[Material to process — start]

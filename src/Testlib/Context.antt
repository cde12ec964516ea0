-- ===== src/Testlib/Context.antt =====
-- netrix/testlib/context.go, testcase.go and sm.go's run: the state that the steps of a test case
-- share. A step is handed a pointer to the context in Go and changes it; here it returns the new one.
-- What closures keep for themselves, the `done` of each Once, is part of the context too.
use mathlib.Core.Option
use tendermint_testing.Base.{
  ℕ, ◌+◌, String, Bool, true, not, ◌&&◌, List, [], ◌∷◌, ◌++◌, Option, none, some, ◌<>◌,
  if◌then◌else◌, ◌⊎◌, inl, inr, string_eq,
}
use tendermint_testing.Base.GoMap.{GoMap, lookup, insert}
use tendermint_testing.Types.Event.{
  Event, EventType, message_send, message_receive, message_id, is_message_send, is_message_receive,
}
use tendermint_testing.Types.Replicas.{ReplicaStore}
use tendermint_testing.Types.Dag.{EventDag, new_event_dag, add_node}
use tendermint_testing.Types.Messages.{Message, MessageStore}
use tendermint_testing.Types.Reports as Reports
use tendermint_testing.Types.Reports.{ReportStore}
use tendermint_testing.Testlib.Partition.{ReplicaPartition, PartitionError, new_partition}
use tendermint_testing.Testlib.Vars.{VarSet, partition, new_var_set, set_var}

-- The state of a machine's run is a pointer to one of the machine's states: the label names it.
pub record Run : Type 0 where
  pub cur_state : String
  pub transitions : List String

unfoldable pub new_run : String → Run
new_run start = record { cur_state = start; transitions = start ∷ [] }

unfoldable pub transition : Run → String → Run
transition r to = record { cur_state = to; transitions = r.transitions ++ to ∷ [] }

-- The parts of a test case that a step changes or reads. `done` says that doneCh is closed, which the
-- test case's Once does a single time.
pub record TestCase : Type 0 where
  pub name : String
  pub run : Run
  pub aborted : Bool
  pub done : Bool

unfoldable pub end_test : TestCase → TestCase
end_test t = record t { done = true }

unfoldable pub abort_test : TestCase → TestCase
abort_test t = record t { aborted = true; done = true }

pub record Context (P : Type 0) : Type 0 where
  pub message_pool : MessageStore P
  pub replicas : ReplicaStore
  pub event_dag : EventDag
  pub vars : VarSet P
  pub counter : ℕ
  pub testcase : TestCase
  pub report_store : ReportStore
  pub sends : GoMap String Event
  pub once_done : List Bool

abbrev pub partition_key : String
partition_key = "_partition"

abbrev as_list : Option Event → List Event
as_list none = []
as_list (some e) = e ∷ []

-- The parents of an event, and the sends after it.
abbrev pub parents_of : GoMap String Event → Event → EventType → List Event × GoMap String Event
parents_of sends e (message_receive m) = (as_list (lookup m sends), sends)
parents_of sends e (message_send m) = ([], insert m e sends)
parents_of sends e _ = ([], sends)

module _ {P : Type 0} where
  -- The flags are those of the Once conditions and actions that the test case was built with.
  unfoldable pub new_context :
      MessageStore P → ReplicaStore → ReportStore → TestCase → List Bool → Option (Context P)
  new_context pool replicas reports testcase flags = elim (new_event_dag replicas) [
    | none ↦ none
    | some d ↦ some (record {
      message_pool = pool;
      replicas = replicas;
      event_dag = d;
      vars = new_var_set P;
      counter = 0;
      testcase = testcase;
      report_store = reports;
      sends = [];
      once_done = flags;
    })
  ]

  abbrev keep_partition : Context P → PartitionError ⊎ ReplicaPartition → Context P
  keep_partition c (inl e) = c
  keep_partition c (inr p) = record c { vars = set_var c.vars partition_key (partition p) }

  -- `none` is a panic.
  unfoldable pub create_partition : Context P → List ℕ → List String → Option (Context P)
  unfolding set_var
  create_partition c sizes labels =
      Option.map (keep_partition c) (new_partition c.replicas sizes labels)

  unfoldable pub abort : Context P → Context P
  unfolding abort_test
  abort c = record c { testcase = abort_test c.testcase }

  unfoldable pub end_test_case : Context P → Context P
  unfolding end_test
  end_test_case c = record c { testcase = end_test c.testcase }

  -- `decimal` is fmt's %d.
  unfoldable pub new_message :
      (ℕ → String) → Context P → Message P → Option (List ℕ) → Context P × Message P
  new_message decimal c cur content = (
    record c { counter = (c.counter + 1) },
    record {
      from = cur.from;
      to = cur.to;
      content = content;
      type = cur.type;
      id = cur.from <> ("_" <> (cur.to <> ("_change" <> decimal c.counter)));
      intercept = cur.intercept;
      parsed = none;
      repr = "";
    },
  )

  abbrev pub get_from : MessageStore P → Option String → Option (Message P)
  get_from pool none = none
  get_from pool (some id) = lookup id pool

  unfoldable pub get_message : Context P → Event → Option (Message P)
  get_message c e =
      if not (is_message_send e) && not (is_message_receive e)
      then none
      else get_from c.message_pool (message_id e)

  unfoldable pub log : Context P → GoMap String String → Context P
  log c key_vals = record c {
    report_store = Reports.log c.report_store (insert "testcase" c.testcase.name key_vals);
  }

  -- `none` is a panic.
  unfoldable pub set_event : Context P → Event → Option (Context P)
  set_event c e =
      let (parents, sends) = parents_of c.sends e e.type in
      Option.map (λ d. record c { event_dag = d; sends = sends })
        (add_node c.replicas c.event_dag e parents)
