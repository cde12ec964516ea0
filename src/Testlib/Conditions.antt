-- ===== src/Testlib/Conditions.antt =====
-- netrix/testlib/conds.go and wrappers.go: conditions on the current event. A condition can change the
-- context (a counter that is made when it is first read, the flag of a Once), so it returns it.
use tendermint_testing.Base.{
  ℕ, String, Bool, true, false, not, Option, none, some, ◌==◌, string_eq, get_elem?, set,
}
use tendermint_testing.Types.Event as Event
use tendermint_testing.Types.Event.{Event, EventType, generic}
use tendermint_testing.Types.Messages.{Message}
use tendermint_testing.Testlib.Partition.{ReplicaPartition, in_part}
use tendermint_testing.Testlib.Vars.{Value, partition, get}
use tendermint_testing.Testlib.Context.{Context, partition_key, get_message}

abbrev pub Condition : Type 0 → Type 0
Condition P = Event → Context P → Bool × Context P

-- A function of the event and the context that gives a value or none: the F variants take one.
abbrev pub Lookup : Type 0 → Type 0 → Type 0
Lookup P A = Event → Context P → Option A × Context P

abbrev is_generic : EventType → String → Bool
is_generic (generic params t) s = t == s
is_generic _ s = false

module _ {P : Type 0} where
  -- Go evaluates the second condition only where the first does not decide.
  abbrev pub and_then : Bool × Context P → Event → Condition P → Bool × Context P
  and_then (true, c) e other = other e c
  and_then (false, c) e other = (false, c)

  unfoldable pub and : Condition P → Condition P → Condition P
  and cond other e c = and_then (cond e c) e other

  abbrev pub or_else : Bool × Context P → Event → Condition P → Bool × Context P
  or_else (true, c) e other = (true, c)
  or_else (false, c) e other = other e c

  unfoldable pub or : Condition P → Condition P → Condition P
  or cond other e c = or_else (cond e c) e other

  abbrev pub negated : Bool × Context P → Bool × Context P
  negated (b, c) = (not b, c)

  unfoldable pub negate : Condition P → Condition P
  negate cond e c = negated (cond e c)

  unfoldable pub is_event_of : String → Condition P
  is_event_of replica e c = (e.replica == replica, c)

  abbrev holds : {A : Type 0} → (A → Bool) → Option A × Context P → Bool × Context P
  holds test (none, c) = (false, c)
  holds test (some a, c) = (test a, c)

  unfoldable pub is_event_of_f : Lookup P String → Condition P
  is_event_of_f replica e c = holds (λ r. e.replica == r) (replica e c)

  unfoldable pub is_message_send : Condition P
  is_message_send e c = (Event.is_message_send e, c)

  unfoldable pub is_message_receive : Condition P
  is_message_receive e c = (Event.is_message_receive e, c)

  unfoldable pub is_event_type : String → Condition P
  is_event_type t e c = (is_generic e.type t, c)

  abbrev pub on_message : Context P → Event → (Message P → Bool) → Bool
  on_message c e test = elim (get_message c e) [ none ↦ false | some m ↦ test m ]

  unfoldable pub is_message_type : String → Condition P
  is_message_type t e c = (on_message c e (λ m. m.type == t), c)

  unfoldable pub is_message_to : String → Condition P
  is_message_to to e c = (on_message c e (λ m. m.to == to), c)

  unfoldable pub is_message_from : String → Condition P
  is_message_from from e c = (on_message c e (λ m. m.from == from), c)

  -- The replica is looked up only if there is a message.
  unfoldable pub is_message_from_f : Lookup P String → Condition P
  is_message_from_f replica e c = elim (get_message c e) [
    | none ↦ (false, c)
    | some m ↦ holds (λ r. m.from == r) (replica e c)
  ]

  unfoldable pub is_message_to_f : Lookup P String → Condition P
  is_message_to_f replica e c = elim (get_message c e) [
    | none ↦ (false, c)
    | some m ↦ holds (λ r. m.to == r) (replica e c)
  ]

  -- The closure's flag is the one at address `i`.
  abbrev pub mark_done : ℕ → Bool × Context P → Bool × Context P
  mark_done i (true, c) = (true, record c { once_done = set c.once_done i true })
  mark_done i (false, c) = (false, c)

  abbrev pub is_done : Context P → ℕ → Bool
  is_done c i = elim (get_elem? c.once_done i) [ none ↦ false | some b ↦ b ]

  unfoldable pub once_condition : ℕ → Condition P → Condition P
  once_condition i cond e c = elim (is_done c i) [
    | true ↦ (false, c)
    | false ↦ mark_done i (cond e c)
  ]

  abbrev as_partition : Option (Value P) → Option ReplicaPartition
  as_partition (some (partition p)) = some p
  as_partition _ = none

  unfoldable pub get_partition : Context P → Option ReplicaPartition
  unfolding get
  get_partition c = as_partition (get c.vars partition_key)

  unfoldable pub is_message_from_part : String → Condition P
  unfolding get_partition
  is_message_from_part label e c = elim (get_partition c) [
    | none ↦ (false, c)
    | some p ↦ (on_message c e (λ m. in_part p m.from label), c)
  ]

[Material to process — finish]

Task goal: Reproduce the lines of the entries above from the one with "and_then (false, c) e other = (false, c)" to the one with "abbrev pub or_else", both included, exactly and without any other line.

Solution below:
  and_then (false, c) e other = (false, c)

  unfoldable pub and : Condition P → Condition P → Condition P
  and cond other e c = and_then (cond e c) e other

  abbrev pub or_else : Bool × Context P → Event → Condition P → Bool × Context P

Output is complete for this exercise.